## Exercise objective
For the data below, restate word for word only the lines from the line containing "-- What a new" through the line containing "b.infos) ≡ some p", both ends included.

__________

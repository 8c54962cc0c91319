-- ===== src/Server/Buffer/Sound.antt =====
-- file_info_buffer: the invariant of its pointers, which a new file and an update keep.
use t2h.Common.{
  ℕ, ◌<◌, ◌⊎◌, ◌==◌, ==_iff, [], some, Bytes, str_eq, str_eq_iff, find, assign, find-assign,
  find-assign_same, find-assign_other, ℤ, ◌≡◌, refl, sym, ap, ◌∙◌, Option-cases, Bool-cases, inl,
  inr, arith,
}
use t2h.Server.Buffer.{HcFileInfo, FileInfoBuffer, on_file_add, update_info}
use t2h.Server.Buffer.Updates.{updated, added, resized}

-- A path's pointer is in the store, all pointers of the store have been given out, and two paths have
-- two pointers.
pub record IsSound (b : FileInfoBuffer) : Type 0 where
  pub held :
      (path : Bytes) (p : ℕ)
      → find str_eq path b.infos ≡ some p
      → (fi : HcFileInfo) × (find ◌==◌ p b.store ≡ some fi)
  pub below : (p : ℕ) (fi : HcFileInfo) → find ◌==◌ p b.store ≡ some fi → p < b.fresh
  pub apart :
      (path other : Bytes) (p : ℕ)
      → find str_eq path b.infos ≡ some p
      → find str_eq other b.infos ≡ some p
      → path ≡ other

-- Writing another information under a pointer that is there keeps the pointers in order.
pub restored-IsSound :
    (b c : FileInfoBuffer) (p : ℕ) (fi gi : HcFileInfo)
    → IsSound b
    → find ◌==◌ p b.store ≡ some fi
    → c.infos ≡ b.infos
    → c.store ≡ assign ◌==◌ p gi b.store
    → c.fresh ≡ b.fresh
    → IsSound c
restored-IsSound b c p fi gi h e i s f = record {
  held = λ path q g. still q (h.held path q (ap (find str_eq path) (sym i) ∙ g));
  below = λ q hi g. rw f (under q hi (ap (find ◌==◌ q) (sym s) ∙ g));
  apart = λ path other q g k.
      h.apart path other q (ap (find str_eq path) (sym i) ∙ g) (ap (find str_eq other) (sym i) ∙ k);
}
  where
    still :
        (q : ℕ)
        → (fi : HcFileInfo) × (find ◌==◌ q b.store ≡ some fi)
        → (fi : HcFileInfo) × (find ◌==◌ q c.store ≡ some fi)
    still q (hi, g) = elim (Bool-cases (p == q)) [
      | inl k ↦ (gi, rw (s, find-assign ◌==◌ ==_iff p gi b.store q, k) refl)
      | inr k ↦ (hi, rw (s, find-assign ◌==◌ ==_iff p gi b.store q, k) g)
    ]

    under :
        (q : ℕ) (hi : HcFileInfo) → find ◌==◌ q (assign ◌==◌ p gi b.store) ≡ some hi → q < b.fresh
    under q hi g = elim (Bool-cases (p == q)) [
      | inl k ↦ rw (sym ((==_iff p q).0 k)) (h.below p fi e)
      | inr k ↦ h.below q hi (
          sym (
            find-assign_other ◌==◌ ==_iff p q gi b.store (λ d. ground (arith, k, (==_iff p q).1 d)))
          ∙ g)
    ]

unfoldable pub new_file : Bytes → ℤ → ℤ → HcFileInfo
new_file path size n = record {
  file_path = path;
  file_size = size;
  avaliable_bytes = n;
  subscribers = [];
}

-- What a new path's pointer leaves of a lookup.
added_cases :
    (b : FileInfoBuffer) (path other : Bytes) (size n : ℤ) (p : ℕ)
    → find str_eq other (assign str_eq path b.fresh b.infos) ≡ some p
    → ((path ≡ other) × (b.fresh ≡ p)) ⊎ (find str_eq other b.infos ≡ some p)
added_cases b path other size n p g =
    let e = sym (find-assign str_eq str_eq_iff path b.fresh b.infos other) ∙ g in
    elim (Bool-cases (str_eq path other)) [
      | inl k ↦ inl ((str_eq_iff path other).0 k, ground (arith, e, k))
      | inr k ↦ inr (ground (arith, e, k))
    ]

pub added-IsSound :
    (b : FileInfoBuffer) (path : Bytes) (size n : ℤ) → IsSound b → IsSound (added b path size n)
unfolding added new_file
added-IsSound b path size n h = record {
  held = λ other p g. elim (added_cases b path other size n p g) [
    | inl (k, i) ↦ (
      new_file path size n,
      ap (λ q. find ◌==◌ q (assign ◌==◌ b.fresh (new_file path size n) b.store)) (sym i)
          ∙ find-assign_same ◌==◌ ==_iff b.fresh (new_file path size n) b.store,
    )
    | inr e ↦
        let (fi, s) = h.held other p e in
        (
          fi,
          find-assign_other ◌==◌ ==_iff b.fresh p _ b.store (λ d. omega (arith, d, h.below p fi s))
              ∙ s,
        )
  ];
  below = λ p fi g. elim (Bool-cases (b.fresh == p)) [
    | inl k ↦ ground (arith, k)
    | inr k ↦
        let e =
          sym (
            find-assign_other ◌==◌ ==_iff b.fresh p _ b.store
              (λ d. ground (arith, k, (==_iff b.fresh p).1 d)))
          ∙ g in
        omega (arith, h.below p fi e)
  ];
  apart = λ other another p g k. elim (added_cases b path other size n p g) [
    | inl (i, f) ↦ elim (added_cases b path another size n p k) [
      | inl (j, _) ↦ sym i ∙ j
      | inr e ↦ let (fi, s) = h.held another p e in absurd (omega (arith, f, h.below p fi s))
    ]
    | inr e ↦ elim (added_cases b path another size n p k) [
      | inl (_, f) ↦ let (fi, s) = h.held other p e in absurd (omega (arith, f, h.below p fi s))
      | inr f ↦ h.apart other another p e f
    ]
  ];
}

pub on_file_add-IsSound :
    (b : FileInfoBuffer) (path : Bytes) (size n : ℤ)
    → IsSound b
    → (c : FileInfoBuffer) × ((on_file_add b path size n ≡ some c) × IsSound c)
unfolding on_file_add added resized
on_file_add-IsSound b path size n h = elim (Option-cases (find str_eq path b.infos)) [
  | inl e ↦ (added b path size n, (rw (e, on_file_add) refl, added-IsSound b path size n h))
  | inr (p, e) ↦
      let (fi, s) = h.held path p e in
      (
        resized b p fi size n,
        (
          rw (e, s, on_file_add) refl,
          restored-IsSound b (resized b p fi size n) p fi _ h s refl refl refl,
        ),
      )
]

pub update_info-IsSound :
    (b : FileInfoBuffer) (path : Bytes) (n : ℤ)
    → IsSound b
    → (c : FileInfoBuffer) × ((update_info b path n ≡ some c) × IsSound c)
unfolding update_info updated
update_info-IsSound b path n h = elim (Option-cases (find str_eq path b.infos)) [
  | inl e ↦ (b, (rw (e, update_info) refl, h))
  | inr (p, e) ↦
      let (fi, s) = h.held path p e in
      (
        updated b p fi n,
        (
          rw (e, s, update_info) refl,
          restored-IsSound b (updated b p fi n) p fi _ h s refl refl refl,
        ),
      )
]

__________

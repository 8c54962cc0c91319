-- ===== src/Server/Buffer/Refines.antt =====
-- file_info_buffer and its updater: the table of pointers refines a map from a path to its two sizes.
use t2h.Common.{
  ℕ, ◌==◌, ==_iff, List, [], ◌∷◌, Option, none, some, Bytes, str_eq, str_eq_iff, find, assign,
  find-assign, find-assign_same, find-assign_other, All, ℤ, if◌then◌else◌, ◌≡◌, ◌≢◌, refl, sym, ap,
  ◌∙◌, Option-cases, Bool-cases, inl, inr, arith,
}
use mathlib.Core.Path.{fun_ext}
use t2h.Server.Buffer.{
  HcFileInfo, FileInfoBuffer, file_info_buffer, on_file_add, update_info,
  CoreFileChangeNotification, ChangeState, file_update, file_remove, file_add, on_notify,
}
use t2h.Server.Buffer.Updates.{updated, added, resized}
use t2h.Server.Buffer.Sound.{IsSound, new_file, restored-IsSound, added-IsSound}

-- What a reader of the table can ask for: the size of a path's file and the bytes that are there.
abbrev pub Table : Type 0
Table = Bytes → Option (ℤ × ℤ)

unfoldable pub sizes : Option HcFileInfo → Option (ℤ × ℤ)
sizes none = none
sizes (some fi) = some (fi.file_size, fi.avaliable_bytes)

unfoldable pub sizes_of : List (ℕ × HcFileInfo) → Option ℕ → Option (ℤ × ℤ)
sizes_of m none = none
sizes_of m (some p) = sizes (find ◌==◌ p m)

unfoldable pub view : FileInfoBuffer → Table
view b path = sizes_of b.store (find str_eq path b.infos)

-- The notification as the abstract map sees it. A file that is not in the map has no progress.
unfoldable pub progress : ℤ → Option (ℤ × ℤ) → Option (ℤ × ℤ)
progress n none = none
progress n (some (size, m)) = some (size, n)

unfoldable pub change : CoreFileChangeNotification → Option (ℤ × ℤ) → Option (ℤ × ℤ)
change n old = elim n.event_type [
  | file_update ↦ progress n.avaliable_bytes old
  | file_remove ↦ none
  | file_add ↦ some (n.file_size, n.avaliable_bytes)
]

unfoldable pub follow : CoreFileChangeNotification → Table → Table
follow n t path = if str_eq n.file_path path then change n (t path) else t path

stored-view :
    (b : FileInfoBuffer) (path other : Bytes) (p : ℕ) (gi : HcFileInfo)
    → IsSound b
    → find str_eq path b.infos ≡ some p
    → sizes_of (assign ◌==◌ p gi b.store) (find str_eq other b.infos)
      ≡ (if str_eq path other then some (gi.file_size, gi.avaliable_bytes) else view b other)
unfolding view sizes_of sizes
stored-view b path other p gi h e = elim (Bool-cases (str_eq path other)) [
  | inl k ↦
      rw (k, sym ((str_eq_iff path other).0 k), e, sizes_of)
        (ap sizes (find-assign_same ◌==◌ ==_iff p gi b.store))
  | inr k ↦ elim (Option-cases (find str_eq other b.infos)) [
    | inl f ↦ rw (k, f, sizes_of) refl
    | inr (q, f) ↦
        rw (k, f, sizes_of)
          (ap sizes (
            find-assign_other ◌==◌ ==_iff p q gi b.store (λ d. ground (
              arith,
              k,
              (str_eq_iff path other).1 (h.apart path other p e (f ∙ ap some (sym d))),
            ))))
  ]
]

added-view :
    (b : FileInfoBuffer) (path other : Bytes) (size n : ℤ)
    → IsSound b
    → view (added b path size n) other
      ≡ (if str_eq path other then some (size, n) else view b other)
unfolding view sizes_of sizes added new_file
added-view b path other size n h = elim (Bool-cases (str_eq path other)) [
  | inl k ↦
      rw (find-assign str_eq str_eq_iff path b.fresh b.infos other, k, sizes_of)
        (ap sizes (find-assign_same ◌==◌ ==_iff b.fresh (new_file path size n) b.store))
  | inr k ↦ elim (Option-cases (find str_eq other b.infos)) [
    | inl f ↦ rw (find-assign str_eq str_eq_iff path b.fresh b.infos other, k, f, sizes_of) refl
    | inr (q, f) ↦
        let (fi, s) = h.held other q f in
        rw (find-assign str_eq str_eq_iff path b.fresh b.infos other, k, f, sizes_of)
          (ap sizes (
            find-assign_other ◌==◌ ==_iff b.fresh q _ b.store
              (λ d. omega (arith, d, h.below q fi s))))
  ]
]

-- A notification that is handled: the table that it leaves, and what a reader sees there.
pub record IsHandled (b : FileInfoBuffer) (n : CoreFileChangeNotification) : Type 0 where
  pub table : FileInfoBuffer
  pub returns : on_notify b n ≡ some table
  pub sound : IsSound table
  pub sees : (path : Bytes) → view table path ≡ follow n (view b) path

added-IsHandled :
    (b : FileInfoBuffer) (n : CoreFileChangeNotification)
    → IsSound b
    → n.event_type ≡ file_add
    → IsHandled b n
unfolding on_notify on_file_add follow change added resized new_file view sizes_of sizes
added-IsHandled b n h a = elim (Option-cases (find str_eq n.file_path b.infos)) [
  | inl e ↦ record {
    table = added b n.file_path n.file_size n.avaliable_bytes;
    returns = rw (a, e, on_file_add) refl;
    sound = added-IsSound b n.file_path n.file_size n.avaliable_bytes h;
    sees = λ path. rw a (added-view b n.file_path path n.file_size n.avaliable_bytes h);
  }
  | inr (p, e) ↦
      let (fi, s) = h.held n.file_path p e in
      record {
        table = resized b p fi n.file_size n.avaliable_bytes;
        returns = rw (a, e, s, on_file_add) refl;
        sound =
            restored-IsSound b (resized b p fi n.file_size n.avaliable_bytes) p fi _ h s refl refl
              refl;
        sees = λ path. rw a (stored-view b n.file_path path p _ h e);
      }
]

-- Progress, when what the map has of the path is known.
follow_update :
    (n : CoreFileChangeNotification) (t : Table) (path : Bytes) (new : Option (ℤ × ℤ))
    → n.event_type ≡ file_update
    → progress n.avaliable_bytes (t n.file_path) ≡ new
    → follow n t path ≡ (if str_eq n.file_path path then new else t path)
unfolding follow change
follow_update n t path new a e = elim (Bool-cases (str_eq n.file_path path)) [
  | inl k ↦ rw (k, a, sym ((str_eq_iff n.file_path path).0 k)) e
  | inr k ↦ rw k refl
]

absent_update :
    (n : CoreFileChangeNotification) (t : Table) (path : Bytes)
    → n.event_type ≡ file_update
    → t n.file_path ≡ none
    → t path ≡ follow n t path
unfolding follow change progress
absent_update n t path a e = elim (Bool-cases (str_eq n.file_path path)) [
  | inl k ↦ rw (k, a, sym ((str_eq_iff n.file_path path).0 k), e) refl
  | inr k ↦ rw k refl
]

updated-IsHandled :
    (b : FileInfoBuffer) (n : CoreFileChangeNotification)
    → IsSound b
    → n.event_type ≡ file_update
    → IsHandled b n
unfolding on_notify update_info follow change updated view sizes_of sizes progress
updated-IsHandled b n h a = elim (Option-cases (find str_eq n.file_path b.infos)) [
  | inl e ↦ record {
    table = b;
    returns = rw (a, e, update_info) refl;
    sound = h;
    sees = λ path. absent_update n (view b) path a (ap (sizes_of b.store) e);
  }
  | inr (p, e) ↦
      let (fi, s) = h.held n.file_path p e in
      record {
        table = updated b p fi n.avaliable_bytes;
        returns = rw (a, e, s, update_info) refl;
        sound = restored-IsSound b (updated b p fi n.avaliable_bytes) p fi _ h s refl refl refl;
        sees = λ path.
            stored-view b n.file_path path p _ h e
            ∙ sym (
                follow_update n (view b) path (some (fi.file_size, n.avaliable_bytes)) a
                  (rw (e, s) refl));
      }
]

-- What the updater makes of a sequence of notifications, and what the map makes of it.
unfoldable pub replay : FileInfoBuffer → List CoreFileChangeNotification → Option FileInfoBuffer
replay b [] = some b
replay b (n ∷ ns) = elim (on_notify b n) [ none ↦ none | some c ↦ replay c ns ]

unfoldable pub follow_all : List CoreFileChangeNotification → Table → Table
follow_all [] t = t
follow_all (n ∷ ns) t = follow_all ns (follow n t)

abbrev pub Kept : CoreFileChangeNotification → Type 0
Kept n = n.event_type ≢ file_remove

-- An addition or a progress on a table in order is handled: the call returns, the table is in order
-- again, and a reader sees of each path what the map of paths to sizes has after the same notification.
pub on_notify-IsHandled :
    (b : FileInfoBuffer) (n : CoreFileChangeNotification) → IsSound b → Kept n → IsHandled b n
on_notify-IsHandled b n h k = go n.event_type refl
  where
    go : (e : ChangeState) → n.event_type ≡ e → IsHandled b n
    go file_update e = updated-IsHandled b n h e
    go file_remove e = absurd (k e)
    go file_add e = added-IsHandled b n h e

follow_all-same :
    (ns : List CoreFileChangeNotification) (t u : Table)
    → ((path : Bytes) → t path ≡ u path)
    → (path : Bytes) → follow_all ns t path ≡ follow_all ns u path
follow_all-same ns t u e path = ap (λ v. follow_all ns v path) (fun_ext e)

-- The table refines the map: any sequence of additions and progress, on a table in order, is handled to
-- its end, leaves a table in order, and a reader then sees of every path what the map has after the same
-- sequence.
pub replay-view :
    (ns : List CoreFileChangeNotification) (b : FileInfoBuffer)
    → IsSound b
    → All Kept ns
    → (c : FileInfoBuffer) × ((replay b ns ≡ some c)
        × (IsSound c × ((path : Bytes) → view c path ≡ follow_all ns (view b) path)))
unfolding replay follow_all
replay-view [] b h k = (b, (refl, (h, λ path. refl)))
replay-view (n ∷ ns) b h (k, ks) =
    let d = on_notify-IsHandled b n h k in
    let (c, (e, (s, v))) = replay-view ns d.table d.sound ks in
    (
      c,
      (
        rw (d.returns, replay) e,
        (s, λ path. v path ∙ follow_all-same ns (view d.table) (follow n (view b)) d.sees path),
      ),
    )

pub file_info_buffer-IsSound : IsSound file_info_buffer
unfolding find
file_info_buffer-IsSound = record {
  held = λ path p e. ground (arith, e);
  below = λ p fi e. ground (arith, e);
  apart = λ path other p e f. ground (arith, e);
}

__________

## Output for this task
-- What a new path's pointer leaves of a lookup.
added_cases :
    (b : FileInfoBuffer) (path other : Bytes) (size n : ℤ) (p : ℕ)
    → find str_eq other (assign str_eq path b.fresh b.infos) ≡ some p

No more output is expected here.